7. At oral argument, the Attorney General noted that data on some smartphones can be remotely wiped, which might allow an accomplice to destroy evidence on the phone even while the arrestee remains in custody and the phone in police control. As an argument for warrantless searching, this proves too much. A suspect arrested in his or her home or office might also leave behind a computer with evidence that could be destroyed by an accomplice while the arrestee is in custody, but this possibility does not entitle police to search the contents of such computers without probable cause or a search warrant. In either circumstance (home computer or handheld computer) an immediate search without waiting for a warrant might be desirable from the perspective of efficient policing, but "the mere fact that law enforcement may be made more efficient can never by itself justify disregard of the Fourth Amendment." (Mincey v. Arizona (1978) 437 U.S. 385, 393 [57 L.Ed.2d 290, 98 S.Ct. 2408].) In any event, it appears that remote wiping can be avoided by removing the smartphone's battery and/or storing the phone in a shielded container, as law enforcement officers are being trained to do. (See Grubb, Remote wiping thwarts secret service, ZDNet (Australian ed., May 18, 2010) <http://www.zdnet.com.au/remote-wiping-thwarts-secret-service-339303239.htm> [as of Jan. 3, 2011].)

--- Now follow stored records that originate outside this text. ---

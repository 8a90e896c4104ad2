-- ===== src/Wire/Message.antt =====
-- The payloads of the secure protocol (src/clipboard/secure_transfer.rs): credentials, transfer
-- status, and the requests and responses of BeginTransfer, ReadRange and the control commands.
pub mod RoundTrip
pub mod Responses
use clip_ferry.Common.{
  ℕ, ◌+◌, ◌*◌, ◌^◌, ◌<◌, ◌≡◌, Bool, true, false, List, [], ◌∷◌, ◌++◌, length, get_elem?, drop, leb,
  ltb, ◌==◌, ◌&&◌, bytes_eq, not, All,
}
use clip_ferry.Common.Bytes.{IsByte, to_be_bytes, from_be_bytes, field_at, concat}
use clip_ferry.Common.Result.{Result, IoResult, guard, ok_or, ◌>>=◌, ◌>>◌, err, invalid_data}
use clip_ferry.Wire.Code.{
  WireResult, ResponseStatus, invalid, internal, RemoteTransferState, encode_response_status,
  decode_response_status, status_error, encode_state, decode_state,
}
use clip_ferry.Wire.Frame.{array_at, array_at_io}

pub record TransferCredentials : Type 0 where
  pub offer_id : List ℕ
  pub file_id : List ℕ
  pub transfer_id : List ℕ
  pub capability : List ℕ
  pub server_nonce : List ℕ
  pub expires_at_millis : ℕ

-- The lengths of the arrays in the fields' types.
pub record IsCredentials (c : TransferCredentials) : Type 0 where
  pub offer_16 : length c.offer_id ≡ 16
  pub file_16 : length c.file_id ≡ 16
  pub transfer_16 : length c.transfer_id ≡ 16
  pub capability_32 : length c.capability ≡ 32
  pub nonce_32 : length c.server_nonce ≡ 32

abbrev pub wire_len : ℕ
wire_len = 112

abbrev pub max_secure_range_bytes : ℕ
max_secure_range_bytes = 256 * 1024

abbrev pub credential_fields : TransferCredentials → List (List ℕ)
credential_fields c = c.offer_id ∷ c.file_id ∷ c.transfer_id ∷ c.capability ∷ c.server_nonce ∷ []

unfoldable pub encode_credentials : TransferCredentials → List ℕ
encode_credentials c = concat (credential_fields c)

unfoldable pub decode_credentials : List ℕ → WireResult TransferCredentials
unfolding array_at
decode_credentials bytes = do
  guard (leb wire_len (length bytes)) invalid
  offer_id ← array_at 16 bytes 0
  file_id ← array_at 16 bytes 16
  transfer_id ← array_at 16 bytes 32
  capability ← array_at 32 bytes 48
  server_nonce ← array_at 32 bytes 80
  Result.ok (record {
    offer_id = offer_id;
    file_id = file_id;
    transfer_id = transfer_id;
    capability = capability;
    server_nonce = server_nonce;
    expires_at_millis = 0;
  })

pub record TransferStatus : Type 0 where
  pub state : RemoteTransferState
  pub unique_bytes : ℕ

unfoldable pub encode_transfer_status : TransferStatus → List ℕ
unfolding encode_response_status
encode_transfer_status s =
    encode_response_status ResponseStatus.ok ∷ encode_state s.state ∷ to_be_bytes 8 s.unique_bytes

unfoldable pub only_ok : ResponseStatus → IoResult (Unit {0})
only_ok ResponseStatus.ok = Result.ok tt
only_ok other = err (status_error other)

unfoldable pub require_ok : List ℕ → IoResult (Unit {0})
unfolding only_ok
require_ok response = do
  status ← ok_or (get_elem? response 0) invalid_data
  status' ← decode_response_status status
  only_ok status'

unfoldable pub decode_transfer_status : List ℕ → IoResult TransferStatus
unfolding array_at_io
decode_transfer_status response = do
  require_ok response
  guard (leb 10 (length response)) invalid_data
  code ← ok_or (get_elem? response 1) invalid_data
  state ← decode_state code
  unique ← array_at_io 8 response 2
  Result.ok (record { state = state; unique_bytes = from_be_bytes unique })

-- A ReadRange request: `read_range_interruptible` builds it, `encode_read_response` reads it.
unfoldable pub read_request : TransferCredentials → ℕ → ℕ → List ℕ
unfolding encode_credentials
read_request c offset requested =
    encode_credentials c ++ (to_be_bytes 8 offset ++ to_be_bytes 4 requested)

unfoldable pub parse_read_request : List ℕ → WireResult (TransferCredentials × ℕ × ℕ)
unfolding array_at
parse_read_request payload = do
  guard (length payload == wire_len + 12) invalid
  credentials ← decode_credentials payload
  offset ← array_at 8 payload wire_len
  requested ← array_at 4 payload (wire_len + 8)
  Result.ok (credentials, from_be_bytes offset, from_be_bytes requested)

-- A control request: built by `control_interruptible` and `control_once`.
unfoldable pub control_request : TransferCredentials → ℕ → List ℕ
unfolding encode_credentials
control_request c sequence = encode_credentials c ++ to_be_bytes 8 sequence

unfoldable pub parse_control_request : List ℕ → WireResult (TransferCredentials × ℕ)
unfolding array_at
parse_control_request payload = do
  guard (length payload == wire_len + 8) invalid
  credentials ← decode_credentials payload
  sequence ← array_at 8 payload wire_len
  Result.ok (credentials, from_be_bytes sequence)

-- Is every byte zero?
unfoldable pub all_zero : List ℕ → Bool
all_zero [] = true
all_zero (b ∷ bs) = (b == 0) && all_zero bs

unfoldable pub begin_request : List ℕ → List ℕ → List ℕ → List ℕ
begin_request offer_id file_id nonce = concat (offer_id ∷ file_id ∷ nonce ∷ [])

unfoldable pub parse_begin_request : List ℕ → WireResult (List ℕ × List ℕ × List ℕ)
unfolding array_at
parse_begin_request payload = do
  guard (length payload == 64) invalid
  offer_id ← array_at 16 payload 0
  file_id ← array_at 16 payload 16
  nonce ← array_at 32 payload 32
  guard (not (all_zero nonce)) invalid
  Result.ok (offer_id, file_id, nonce)

-- The success response of `encode_begin_response`.
unfoldable pub begin_response : TransferCredentials → List ℕ
unfolding encode_response_status
begin_response c =
    encode_response_status ResponseStatus.ok
    ∷ (concat (credential_fields c) ++ to_be_bytes 8 c.expires_at_millis)

-- What `begin_transfer_interruptible` makes of it, for the offer and the file that it asked for.
unfoldable pub parse_begin_response : List ℕ → List ℕ → List ℕ → IoResult TransferCredentials
unfolding array_at_io
parse_begin_response offer file response = do
  require_ok response
  guard (length response == 121) invalid_data
  offer_id ← array_at_io 16 response 1
  file_id ← array_at_io 16 response 17
  transfer_id ← array_at_io 16 response 33
  capability ← array_at_io 32 response 49
  server_nonce ← array_at_io 32 response 81
  expires ← array_at_io 8 response 113
  guard (bytes_eq offer_id offer && bytes_eq file_id file) invalid_data
  Result.ok (record {
    offer_id = offer_id;
    file_id = file_id;
    transfer_id = transfer_id;
    capability = capability;
    server_nonce = server_nonce;
    expires_at_millis = from_be_bytes expires;
  })

-- The success response of `encode_read_response`.
unfoldable pub read_response : TransferStatus → List ℕ → WireResult (List ℕ)
read_response status bytes = do
  guard (ltb (length bytes) (256 ^ 4)) internal
  Result.ok ((encode_transfer_status status ++ to_be_bytes 4 (length bytes)) ++ bytes)

-- What `read_range_interruptible` makes of it, for the count that it asked for.
unfoldable pub parse_read_response : ℕ → List ℕ → IoResult (TransferStatus × List ℕ)
unfolding array_at_io
parse_read_response requested response = do
  status ← decode_transfer_status response
  guard (leb 14 (length response)) invalid_data
  length_bytes ← array_at_io 4 response 10
  guard
      ((length response == 14 + from_be_bytes length_bytes)
        && leb (from_be_bytes length_bytes) requested)
      invalid_data
  Result.ok (status, drop 14 response)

8. The majority observes that substantial private information can be carried in the nondigital forms of letters and diaries. (Maj. opn., ante, at p. 96.) Implicit in the majority's argument is the assumption that police may not only take a letter or diary from an arrestee and inventory it, but may, without a warrant, read through all of its contents. Neither this court nor the United States Supreme Court has so held.
9. The Belton court stated: "`Container' here denotes any object capable of holding another object. It thus includes closed or open glove compartments, consoles, or other receptacles located anywhere within the passenger compartment, as well as luggage, boxes, bags, clothing, and the like." (New York v. Belton, supra, 453 U.S. at pp. 460-461, fn. 4.) As Belton clearly spoke only of objects physically containing other objects, the majority's reliance on that case for the proposition that any "container," whatever the extent of the arrestee's expectation of privacy in it, may be searched incident to arrest (maj. opn., ante, at p. 95) is misplaced when it comes to mobile phones and other electronic communication and data storage devices. Still less on point is United States v. Ross (1982) 456 U.S. 798 [72 L.Ed.2d 572, 102 S.Ct. 2157], which did not even involve a search incident to arrest. That the high court in Ross declined to distinguish among probable cause searches of "paper bags, locked trunks, lunch buckets, and orange crates" carried in automobiles (id. at p. 822) hardly requires that an arrestee's mobile phone, smartphone or handheld computer be treated the same as clothing or a crumpled cigarette package.